◆ Records supplied ◆
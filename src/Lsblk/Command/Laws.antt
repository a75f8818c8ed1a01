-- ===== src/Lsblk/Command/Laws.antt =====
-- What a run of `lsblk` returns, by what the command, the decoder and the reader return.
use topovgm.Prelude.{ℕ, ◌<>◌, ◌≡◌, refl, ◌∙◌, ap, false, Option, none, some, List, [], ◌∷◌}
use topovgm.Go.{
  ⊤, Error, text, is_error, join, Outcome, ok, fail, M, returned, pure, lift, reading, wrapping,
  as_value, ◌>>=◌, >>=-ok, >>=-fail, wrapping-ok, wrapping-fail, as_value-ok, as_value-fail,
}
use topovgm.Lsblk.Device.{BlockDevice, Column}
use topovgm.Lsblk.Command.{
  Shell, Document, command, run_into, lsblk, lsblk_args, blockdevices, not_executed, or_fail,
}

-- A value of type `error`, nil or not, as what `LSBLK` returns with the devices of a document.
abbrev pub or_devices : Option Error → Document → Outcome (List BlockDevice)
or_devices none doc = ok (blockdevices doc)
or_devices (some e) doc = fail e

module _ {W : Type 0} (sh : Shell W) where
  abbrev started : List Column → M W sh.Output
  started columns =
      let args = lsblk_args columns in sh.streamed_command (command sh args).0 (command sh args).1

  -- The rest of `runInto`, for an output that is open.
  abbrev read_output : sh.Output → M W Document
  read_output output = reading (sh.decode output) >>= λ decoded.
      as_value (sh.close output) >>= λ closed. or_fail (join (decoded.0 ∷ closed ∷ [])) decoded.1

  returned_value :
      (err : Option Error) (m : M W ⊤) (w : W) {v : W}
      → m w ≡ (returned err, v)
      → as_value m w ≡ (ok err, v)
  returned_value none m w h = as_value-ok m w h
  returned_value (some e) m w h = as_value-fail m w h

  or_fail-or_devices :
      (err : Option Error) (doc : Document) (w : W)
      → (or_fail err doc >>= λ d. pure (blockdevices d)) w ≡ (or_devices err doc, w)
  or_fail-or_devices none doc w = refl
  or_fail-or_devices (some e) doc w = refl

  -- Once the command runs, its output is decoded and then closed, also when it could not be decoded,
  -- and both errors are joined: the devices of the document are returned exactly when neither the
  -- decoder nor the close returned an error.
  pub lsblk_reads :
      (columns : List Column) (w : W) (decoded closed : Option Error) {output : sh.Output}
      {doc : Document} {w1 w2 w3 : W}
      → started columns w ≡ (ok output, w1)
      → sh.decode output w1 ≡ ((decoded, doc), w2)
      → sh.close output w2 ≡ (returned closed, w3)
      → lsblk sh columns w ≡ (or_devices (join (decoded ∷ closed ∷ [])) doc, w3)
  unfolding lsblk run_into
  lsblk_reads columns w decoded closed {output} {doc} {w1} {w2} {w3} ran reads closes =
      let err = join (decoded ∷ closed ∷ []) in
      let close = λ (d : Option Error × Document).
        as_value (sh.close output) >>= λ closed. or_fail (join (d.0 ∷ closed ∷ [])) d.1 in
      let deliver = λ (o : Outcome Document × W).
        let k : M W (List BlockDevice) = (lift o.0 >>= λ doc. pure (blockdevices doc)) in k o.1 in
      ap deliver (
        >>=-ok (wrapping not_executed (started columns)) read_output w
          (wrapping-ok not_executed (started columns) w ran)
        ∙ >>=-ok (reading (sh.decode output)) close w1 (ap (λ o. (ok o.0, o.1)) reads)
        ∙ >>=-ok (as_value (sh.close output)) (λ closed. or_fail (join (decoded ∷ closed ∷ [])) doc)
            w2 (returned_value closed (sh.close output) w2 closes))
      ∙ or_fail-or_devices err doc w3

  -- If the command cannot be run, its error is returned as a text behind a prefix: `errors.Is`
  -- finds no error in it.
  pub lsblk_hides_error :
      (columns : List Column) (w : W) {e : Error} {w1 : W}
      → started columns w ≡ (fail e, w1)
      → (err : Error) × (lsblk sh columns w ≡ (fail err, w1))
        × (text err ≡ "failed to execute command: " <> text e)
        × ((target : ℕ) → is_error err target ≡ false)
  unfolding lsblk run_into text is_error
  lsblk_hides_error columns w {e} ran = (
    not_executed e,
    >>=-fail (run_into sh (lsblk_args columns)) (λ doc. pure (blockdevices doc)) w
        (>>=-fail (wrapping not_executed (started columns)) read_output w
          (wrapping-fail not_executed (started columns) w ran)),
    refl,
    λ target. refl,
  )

◆ Exercise ◆
In the listing above, find the line containing "(ok output, w1)" and the line containing "unfolding lsblk run_into text is_error", then quote both, plus every line between them, exactly as written.

◆ Solution to this problem ◆
      → started columns w ≡ (ok output, w1)
      → sh.decode output w1 ≡ ((decoded, doc), w2)
      → sh.close output w2 ≡ (returned closed, w3)
      → lsblk sh columns w ≡ (or_devices (join (decoded ∷ closed ∷ [])) doc, w3)
  unfolding lsblk run_into
  lsblk_reads columns w decoded closed {output} {doc} {w1} {w2} {w3} ran reads closes =
      let err = join (decoded ∷ closed ∷ []) in
      let close = λ (d : Option Error × Document).
        as_value (sh.close output) >>= λ closed. or_fail (join (d.0 ∷ closed ∷ [])) d.1 in
      let deliver = λ (o : Outcome Document × W).
        let k : M W (List BlockDevice) = (lift o.0 >>= λ doc. pure (blockdevices doc)) in k o.1 in
      ap deliver (
        >>=-ok (wrapping not_executed (started columns)) read_output w
          (wrapping-ok not_executed (started columns) w ran)
        ∙ >>=-ok (reading (sh.decode output)) close w1 (ap (λ o. (ok o.0, o.1)) reads)
        ∙ >>=-ok (as_value (sh.close output)) (λ closed. or_fail (join (decoded ∷ closed ∷ [])) doc)
            w2 (returned_value closed (sh.close output) w2 closes))
      ∙ or_fail-or_devices err doc w3

  -- If the command cannot be run, its error is returned as a text behind a prefix: `errors.Is`
  -- finds no error in it.
  pub lsblk_hides_error :
      (columns : List Column) (w : W) {e : Error} {w1 : W}
      → started columns w ≡ (fail e, w1)
      → (err : Error) × (lsblk sh columns w ≡ (fail err, w1))
        × (text err ≡ "failed to execute command: " <> text e)
        × ((target : ℕ) → is_error err target ≡ false)
  unfolding lsblk run_into text is_error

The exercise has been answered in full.